Despite recent tension with Israel, President Obama’s approval ratings have remained consistently high among American Jews, according to a new J Street poll. He was viewed favorably by 62% in March compared to 64% in October, 2009. That is true even though Americans as a whole are less enamored of him than they used to be. Other poll data show a rising confidence that the country is on the right track under Obama.
The poll was taken on March 17th through 19th, about a week after the firestorm that erupted when Vice President Biden’s trip to Israel was greeted by an announcement of settlement construction in East Jerusalem. Apparently none of the squabbling diminished most American Jews’ affection for Obama.
That should be encouraging news to the Administration as it tries to stop the folly of Israeli settlement construction and preserve the chance, however slim, for peace talks that accomplish something.
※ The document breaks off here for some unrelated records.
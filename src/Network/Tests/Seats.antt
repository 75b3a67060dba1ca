-- ===== src/Network/Tests/Seats.antt =====
-- A lobby for two and a game with its players, and the results on both applied to them.
use decentralized_poker_engi.Common.{ℕ, ◌≡◌, refl, sym, subst, arith, true, List, [], ◌∷◌, length}
use decentralized_poker_engi.Int64.{le64, lt64}
use decentralized_poker_engi.Game.Cards.{Card}
use decentralized_poker_engi.Game.State.{new_game_state}
use decentralized_poker_engi.Crypto.CryptoGame.{give_holes}
use decentralized_poker_engi.Crypto.Deal.Protocol.{Hole}
use decentralized_poker_engi.Crypto.Keyring.Seats.{AllDiffer}
use decentralized_poker_engi.Crypto.Tests.{table}
use decentralized_poker_engi.Network.Lobby.{
  Lobby, seats_in_order, player_ids, canonical_player_order, sorted_seats, insert_seat, sits_before,
  new_seat,
}
use decentralized_poker_engi.Network.Coordinator.{hand_players}
use decentralized_poker_engi.Network.Coordinator.Holes.{placed, give_holes-hand_players}
use decentralized_poker_engi.Network.Tests.{full_table, seat_of}

-- Player 1 joined first, and the lobby keeps the seats in another order.
abbrev two_seats : Lobby
two_seats = record full_table { seats = (2, seat_of 2 50) ∷ (1, seat_of 1 40) ∷ [] }

abbrev card : ℕ → Card
card rank = record { rank = rank; suit = 0 }

abbrev holes : List Hole
holes = (card 14, card 13) ∷ (card 2, card 7) ∷ []

order_is : canonical_player_order two_seats ≡ 1 ∷ 2 ∷ []
unfolding canonical_player_order player_ids seats_in_order sorted_seats insert_seat sits_before le64
    lt64 new_seat
order_is = refl

two_are_seated : length holes ≡ length (seats_in_order two_seats)
unfolding seats_in_order sorted_seats insert_seat sits_before le64 lt64 new_seat
two_are_seated = refl

give_holes-hand_players_example :
    let ps = (new_game_state (hand_players two_seats) 0 5 10).players in
    give_holes table holes ps ≡ (placed holes ps, true)
give_holes-hand_players_example =
    give_holes-hand_players two_seats table holes 0 5 10
      (subst AllDiffer (sym order_is) ((omega arith, tt), (tt, tt))) (sym order_is) two_are_seated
Another tidbit from that poll should also be encouraging: when respondents were asked to choose the top two issues they will use to decide their 2010 Congressional votes, Israel ranked 7th. It was deemed to be less important than the economy, health care, the deficit and government spending, Social Security and Medicare, and terrorism and national security. Israel was given the same ranking as the wars in Iraq and Afghanistan. Only 10% of the respondents chose Israel as one of their top two issues.
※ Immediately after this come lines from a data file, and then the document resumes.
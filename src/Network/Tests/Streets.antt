-- ===== src/Network/Tests/Streets.antt =====
-- A hand and a machine that waits for a street, and the results on both applied to them.
use decentralized_poker_engi.Common.{ℕ, ◌≡◌, ◌≢◌, refl, arith, true, none, some, List, [], length}
use decentralized_poker_engi.Game.State.{GameState, awaiting_street}
use decentralized_poker_engi.Game.Machine.Crypto.{machine_pending_street, pending_street_count}
use decentralized_poker_engi.Crypto.DealSession.{PeelJob, street_flop}
use decentralized_poker_engi.Crypto.DealSession.Jobs.{street_jobs}
use decentralized_poker_engi.Crypto.Tests.{hash}
use decentralized_poker_engi.Network.CryptoHand.Deals.{street_from_pending}
use decentralized_poker_engi.Crypto.Tests.Deals.{deal_session, wrong}
use decentralized_poker_engi.Network.CryptoHand.{CryptoHand}
use decentralized_poker_engi.Network.CryptoHand.Invariant.{peeled, operate}
use decentralized_poker_engi.Network.Advance.{Table, exhausted, advance_crypto}
use decentralized_poker_engi.Network.Advance.Ends.{advance_crypto_ends}
use decentralized_poker_engi.Network.Advance.Streets.{street_from_pending-street_jobs}
use decentralized_poker_engi.Network.Tests.Hands.{draws, waiting}

-- The flop is awaited.
abbrev before_flop : GameState
before_flop = record {
  small_blind = 5;
  big_blind = 10;
  players = [];
  dealer_idx = 0;
  action_idx = none;
  last_raiser_idx = none;
  phase = awaiting_street;
  community = [];
  deck = none;
  pots = [];
  current_bet = 0;
  min_raise = 10;
  round_action_count = 0;
  log = [];
  payouts = [];
}

-- A hand whose holes are done.
abbrev dealt_hand : CryptoHand
dealt_hand = record waiting { deal = some (record deal_session { holes_done = true }) }

-- A peel arrives at every time.
abbrev world : ℕ → Table → Table
world i t = (operate hash draws (peeled wrong) t.0, t.1)

advance_crypto_ends_example :
    (advance_crypto hash draws (λ msgs. true) world (dealt_hand, before_flop)).1 ≢ exhausted
advance_crypto_ends_example =
    advance_crypto_ends hash draws (λ msgs. true) world (λ i t. omega arith)
      (dealt_hand, before_flop)

flop_awaited : street_from_pending before_flop ≡ some street_flop
unfolding street_from_pending machine_pending_street pending_street_count
flop_awaited = refl

street_from_pending-street_jobs_example :
    (jobs : List PeelJob) × (street_jobs 2 street_flop ≡ some jobs)
    × (length jobs ≡ machine_pending_street before_flop)
street_from_pending-street_jobs_example =
    street_from_pending-street_jobs 2 before_flop street_flop (omega arith) flop_awaited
No doubt Obama is hearing warnings about the political costs of even minor tussles with Israel. But while American Jews do have concerns about Israel and its security, their votes are based mainly on the same bread-and-butter issues that other Americans care about.
If health care reform is implemented without too many setbacks, the economy doesn’t do a nosedive and the lunatic fringe keeps vying for control of the Republican party, it seems likely that Obama will retain his popularity with Jewish voters if he stands firm on Israeli settlements in East Jerusalem and elsewhere. More than 70% of American Jews say the U.S. should play an active role in addressing the Israeli-Palestinian conflict even if it means pressuring or publicly disagreeing with both sides, according to the J Street poll. And 55% agree the “U.S. did the right thing by strongly criticizing the Israeli announcement of new housing in East Jerusalem during the Vice President’s visit.”
Of course, the right-wing Jewish minority is making noise, and noise matters to presidents as well as members of Congress. Right now, MJ Rosenberg complains, AIPAC is pushing two Congressional letters urging that there be “no space” between American and Israeli policy. Obama should shrug off those letters and keep his eyes on the prize. Most American Jews will back him.